== Records supplied

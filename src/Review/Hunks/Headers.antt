-- ===== src/Review/Hunks/Headers.antt =====
-- The headers that the patterns match.
use codesensei.Common.{
  ◌≡◌, refl, ap, ◌∙◌, true, false, Option, none, some, ◌∷◌, ◌++◌, Text, codes, is_empty, is_space,
  All, Stops, span-append, strip_prefix, strip_prefix-append, starts_with,
}
use codesensei.Common.Options.{◌>>=◌}
use codesensei.Common.Digits.{Unicode}
use codesensei.Review.Hunks.{
  is_digit, one_space, some_digits, optional_number, optional_from, side_size, side, matched,
  match_hunk,
}

abbrev pub IsNumber : Unicode → Text → Type 0
IsNumber u s = (is_empty s ≡ false) × All (λ c. is_digit u c ≡ true) s

abbrev pub IsSize : Unicode → Option Text → Type 0
IsSize u none = Unit
IsSize u (some s) = IsNumber u s

-- A size that is there follows a comma.
abbrev pub size_text : Option Text → Text → Text
size_text none rest = rest
size_text (some s) rest = b',' ∷ (s ++ rest)

-- `@@ -a,b +c,d @@`, and the rest of the line.
abbrev pub header : Text → Option Text → Text → Option Text → Text → Text
header a b c d rest =
    codes "@@"
    ++ (b' '
        ∷ (codes "-"
            ++ (a
                ++ size_text b
                    (b' ' ∷ (codes "+" ++ (c ++ size_text d (b' ' ∷ (codes "@@" ++ rest))))))))

-- A space and a comma are no digits.
abbrev pub IsPlain : Unicode → Type 0
IsPlain u = (is_digit u b' ' ≡ false) × (is_digit u b',' ≡ false)

one_space-space : (s : Text) → one_space (b' ' ∷ s) ≡ some s
unfolding is_space
one_space-space s = refl

module _ (u : Unicode) (plain : IsPlain u) where
  some_digits-append :
      (n rest : Text)
      → IsNumber u n
      → Stops (is_digit u) rest
      → some_digits u (n ++ rest) ≡ some (n, rest)
  some_digits-append n rest (filled, all) stops =
      rw (span-append (is_digit u) n rest all stops, filled) refl

  Stops-size_text : (b : Option Text) (rest : Text) → Stops (is_digit u) (size_text b (b' ' ∷ rest))
  Stops-size_text none rest = plain.0
  Stops-size_text (some s) rest = plain.1

  optional_number-size_text :
      (b : Option Text) (rest : Text)
      → IsSize u b
      → optional_number u (size_text b (b' ' ∷ rest)) ≡ (b, b' ' ∷ rest)
  optional_number-size_text none rest h = refl
  optional_number-size_text (some s) rest h =
      ap (optional_from (b',' ∷ (s ++ (b' ' ∷ rest))))
        (some_digits-append s (b' ' ∷ rest) h plain.0)

  side-append :
      (n : Text) (b : Option Text) (rest : Text)
      → IsNumber u n
      → IsSize u b
      → side u (n ++ size_text b (b' ' ∷ rest)) ≡ some (n, b, rest)
  side-append n b rest number size =
      ap (λ o. o >>= λ p. side_size p.0 (optional_number u p.1))
        (some_digits-append n (size_text b (b' ' ∷ rest)) number (Stops-size_text b rest))
      ∙ ap (side_size n) (optional_number-size_text b rest size)
      ∙ ap (λ o. o >>= λ s. some (n, b, s)) (one_space-space rest)

  from_plus :
      (c : Text) (d : Option Text) (rest : Text)
      → IsNumber u c
      → IsSize u d
      → (do
        s ← strip_prefix (codes "+") (codes "+" ++ (c ++ size_text d (b' ' ∷ (codes "@@" ++ rest))))
        (start, size, s') ← side u s
        matched start size (strip_prefix (codes "@@") s'))
        ≡ some (c, d)
  from_plus c d rest number size =
      ap (λ o. o >>= λ s. side u s >>= λ p. matched p.0 p.1 (strip_prefix (codes "@@") p.2))
        (strip_prefix-append (codes "+") (c ++ size_text d (b' ' ∷ (codes "@@" ++ rest))))
      ∙ ap (λ o. o >>= λ p. matched p.0 p.1 (strip_prefix (codes "@@") p.2))
          (side-append c d (codes "@@" ++ rest) number size)
      ∙ ap (matched c d) (strip_prefix-append (codes "@@") rest)

-- Where a space and a comma are no digits, the header of a hunk, its four numbers in digits and the
-- two sizes there or not, is matched with the first line and the size of the new side, whatever
-- follows it on the line.
pub match_hunk-header :
    (u : Unicode) (a : Text) (b : Option Text) (c : Text) (d : Option Text) (rest : Text)
    → IsPlain u
    → IsNumber u a
    → IsSize u b
    → IsNumber u c
    → IsSize u d
    → match_hunk u (header a b c d rest) ≡ some (c, d)
unfolding match_hunk starts_with is_space
match_hunk-header u a b c d rest plain old old_size new new_size =
    ap
      (λ o. o >>= λ p. do
        s ← strip_prefix (codes "+") p.2
        (start, size, s') ← side u s
        matched start size (strip_prefix (codes "@@") s'))
      (side-append u plain a b (codes "+" ++ (c ++ size_text d (b' ' ∷ (codes "@@" ++ rest)))) old
        old_size)
    ∙ from_plus u plain c d rest new new_size
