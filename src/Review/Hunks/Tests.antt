-- ===== src/Review/Hunks/Tests.antt =====
-- Runs of the extraction of a diff's hunks.
use codesensei.Common.{
  ◌≤◌, ◌≡◌, refl, none, some, [], ◌∷◌, Text, codes, length, All, splitlines, starts_with, is_space,
  strip, text_eq, arith,
}
use codesensei.Common.Options.{HasValue}
use codesensei.Common.Digits.{ascii, parse_nat}
use codesensei.Review.Hunks.{match_hunk, extract_rhs_hunks}
use codesensei.Review.Hunks.Headers.{IsPlain, header, match_hunk-header}
use codesensei.Review.Hunks.Bounds.{AreHunks, extract_rhs_hunks-AreHunks}

abbrev diff : Text
diff =
    codes
      "diff --git a/x.py b/x.py\n--- a/x.py\n+++ b/x.py\n@@ -1,2 +1,3 @@ def f\n+y\n@@ -9 +10 @@\n@@ -20,2 +21,0 @@\n"

two_hunks : extract_rhs_hunks ascii diff ≡ some ((codes "x.py", (1, 3) ∷ (10, 1) ∷ []) ∷ [])
unfolding extract_rhs_hunks starts_with is_space strip text_eq parse_nat splitlines
two_hunks = refl

short_lines : All (λ raw. length raw ≤ 4300) (splitlines diff)
unfolding splitlines
short_lines = omega arith

extract_rhs_hunks-AreHunks_example : HasValue AreHunks (extract_rhs_hunks ascii diff)
extract_rhs_hunks-AreHunks_example = extract_rhs_hunks-AreHunks ascii diff short_lines

plain : IsPlain ascii
plain = (refl, refl)

match_hunk-header_example :
    match_hunk ascii (header (codes "1") (some (codes "2")) (codes "12") none (codes " def f"))
    ≡ some (codes "12", none)
match_hunk-header_example =
    match_hunk-header ascii (codes "1") (some (codes "2")) (codes "12") none (codes " def f") plain
      (refl, (refl, tt)) (refl, (refl, tt)) (refl, (refl, (refl, tt))) tt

====

Output all the lines above. Keep each one exact.

*Written answer*:
filename src/Review/Hunks/Headers.antt
-- ===== src/Review/Hunks/Headers.antt =====
-- The headers that the patterns match.
use codesensei.Common.{
  ◌≡◌, refl, ap, ◌∙◌, true, false, Option, none, some, ◌∷◌, ◌++◌, Text, codes, is_empty, is_space,
  All, Stops, span-append, strip_prefix, strip_prefix-append, starts_with,
}
use codesensei.Common.Options.{◌>>=◌}
use codesensei.Common.Digits.{Unicode}
use codesensei.Review.Hunks.{
  is_digit, one_space, some_digits, optional_number, optional_from, side_size, side, matched,
  match_hunk,
}

abbrev pub IsNumber : Unicode → Text → Type 0
IsNumber u s = (is_empty s ≡ false) × All (λ c. is_digit u c ≡ true) s

abbrev pub IsSize : Unicode → Option Text → Type 0
IsSize u none = Unit
IsSize u (some s) = IsNumber u s

-- A size that is there follows a comma.
abbrev pub size_text : Option Text → Text → Text
size_text none rest = rest
size_text (some s) rest = b',' ∷ (s ++ rest)

-- `@@ -a,b +c,d @@`, and the rest of the line.
abbrev pub header : Text → Option Text → Text → Option Text → Text → Text
header a b c d rest =
    codes "@@"
    ++ (b' '
        ∷ (codes "-"
            ++ (a
                ++ size_text b
                    (b' ' ∷ (codes "+" ++ (c ++ size_text d (b' ' ∷ (codes "@@" ++ rest))))))))

-- A space and a comma are no digits.
abbrev pub IsPlain : Unicode → Type 0
IsPlain u = (is_digit u b' ' ≡ false) × (is_digit u b',' ≡ false)

one_space-space : (s : Text) → one_space (b' ' ∷ s) ≡ some s
unfolding is_space
one_space-space s = refl

module _ (u : Unicode) (plain : IsPlain u) where
  some_digits-append :
      (n rest : Text)
      → IsNumber u n
      → Stops (is_digit u) rest
      → some_digits u (n ++ rest) ≡ some (n, rest)
  some_digits-append n rest (filled, all) stops =
      rw (span-append (is_digit u) n rest all stops, filled) refl

  Stops-size_text : (b : Option Text) (rest : Text) → Stops (is_digit u) (size_text b (b' ' ∷ rest))
  Stops-size_text none rest = plain.0
  Stops-size_text (some s) rest = plain.1

  optional_number-size_text :
      (b : Option Text) (rest : Text)
      → IsSize u b
      → optional_number u (size_text b (b' ' ∷ rest)) ≡ (b, b' ' ∷ rest)
  optional_number-size_text none rest h = refl
  optional_number-size_text (some s) rest h =
      ap (optional_from (b',' ∷ (s ++ (b' ' ∷ rest))))
        (some_digits-append s (b' ' ∷ rest) h plain.0)

  side-append :
      (n : Text) (b : Option Text) (rest : Text)
      → IsNumber u n
      → IsSize u b
      → side u (n ++ size_text b (b' ' ∷ rest)) ≡ some (n, b, rest)
  side-append n b rest number size =
      ap (λ o. o >>= λ p. side_size p.0 (optional_number u p.1))
        (some_digits-append n (size_text b (b' ' ∷ rest)) number (Stops-size_text b rest))
      ∙ ap (side_size n) (optional_number-size_text b rest size)
      ∙ ap (λ o. o >>= λ s. some (n, b, s)) (one_space-space rest)

  from_plus :
      (c : Text) (d : Option Text) (rest : Text)
      → IsNumber u c
      → IsSize u d
      → (do
        s ← strip_prefix (codes "+") (codes "+" ++ (c ++ size_text d (b' ' ∷ (codes "@@" ++ rest))))
        (start, size, s') ← side u s
        matched start size (strip_prefix (codes "@@") s'))
        ≡ some (c, d)
  from_plus c d rest number size =
      ap (λ o. o >>= λ s. side u s >>= λ p. matched p.0 p.1 (strip_prefix (codes "@@") p.2))
        (strip_prefix-append (codes "+") (c ++ size_text d (b' ' ∷ (codes "@@" ++ rest))))
      ∙ ap (λ o. o >>= λ p. matched p.0 p.1 (strip_prefix (codes "@@") p.2))
          (side-append c d (codes "@@" ++ rest) number size)
      ∙ ap (matched c d) (strip_prefix-append (codes "@@") rest)

-- Where a space and a comma are no digits, the header of a hunk, its four numbers in digits and the
-- two sizes there or not, is matched with the first line and the size of the new side, whatever
-- follows it on the line.
pub match_hunk-header :
    (u : Unicode) (a : Text) (b : Option Text) (c : Text) (d : Option Text) (rest : Text)
    → IsPlain u
    → IsNumber u a
    → IsSize u b
    → IsNumber u c
    → IsSize u d
    → match_hunk u (header a b c d rest) ≡ some (c, d)
unfolding match_hunk starts_with is_space
match_hunk-header u a b c d rest plain old old_size new new_size =
    ap
      (λ o. o >>= λ p. do
        s ← strip_prefix (codes "+") p.2
        (start, size, s') ← side u s
        matched start size (strip_prefix (codes "@@") s'))
      (side-append u plain a b (codes "+" ++ (c ++ size_text d (b' ' ∷ (codes "@@" ++ rest)))) old
        old_size)
    ∙ from_plus u plain c d rest new new_size
filename src/Review/Hunks/Tests.antt
-- ===== src/Review/Hunks/Tests.antt =====
-- Runs of the extraction of a diff's hunks.
use codesensei.Common.{
  ◌≤◌, ◌≡◌, refl, none, some, [], ◌∷◌, Text, codes, length, All, splitlines, starts_with, is_space,
  strip, text_eq, arith,
}
use codesensei.Common.Options.{HasValue}
use codesensei.Common.Digits.{ascii, parse_nat}
use codesensei.Review.Hunks.{match_hunk, extract_rhs_hunks}
use codesensei.Review.Hunks.Headers.{IsPlain, header, match_hunk-header}
use codesensei.Review.Hunks.Bounds.{AreHunks, extract_rhs_hunks-AreHunks}

abbrev diff : Text
diff =
    codes
      "diff --git a/x.py b/x.py\n--- a/x.py\n+++ b/x.py\n@@ -1,2 +1,3 @@ def f\n+y\n@@ -9 +10 @@\n@@ -20,2 +21,0 @@\n"

two_hunks : extract_rhs_hunks ascii diff ≡ some ((codes "x.py", (1, 3) ∷ (10, 1) ∷ []) ∷ [])
unfolding extract_rhs_hunks starts_with is_space strip text_eq parse_nat splitlines
two_hunks = refl

short_lines : All (λ raw. length raw ≤ 4300) (splitlines diff)
unfolding splitlines
short_lines = omega arith

extract_rhs_hunks-AreHunks_example : HasValue AreHunks (extract_rhs_hunks ascii diff)
extract_rhs_hunks-AreHunks_example = extract_rhs_hunks-AreHunks ascii diff short_lines

plain : IsPlain ascii
plain = (refl, refl)

match_hunk-header_example :
    match_hunk ascii (header (codes "1") (some (codes "2")) (codes "12") none (codes " def f"))
    ≡ some (codes "12", none)
match_hunk-header_example =
    match_hunk-header ascii (codes "1") (some (codes "2")) (codes "12") none (codes " def f") plain
      (refl, (refl, tt)) (refl, (refl, tt)) (refl, (refl, (refl, tt))) tt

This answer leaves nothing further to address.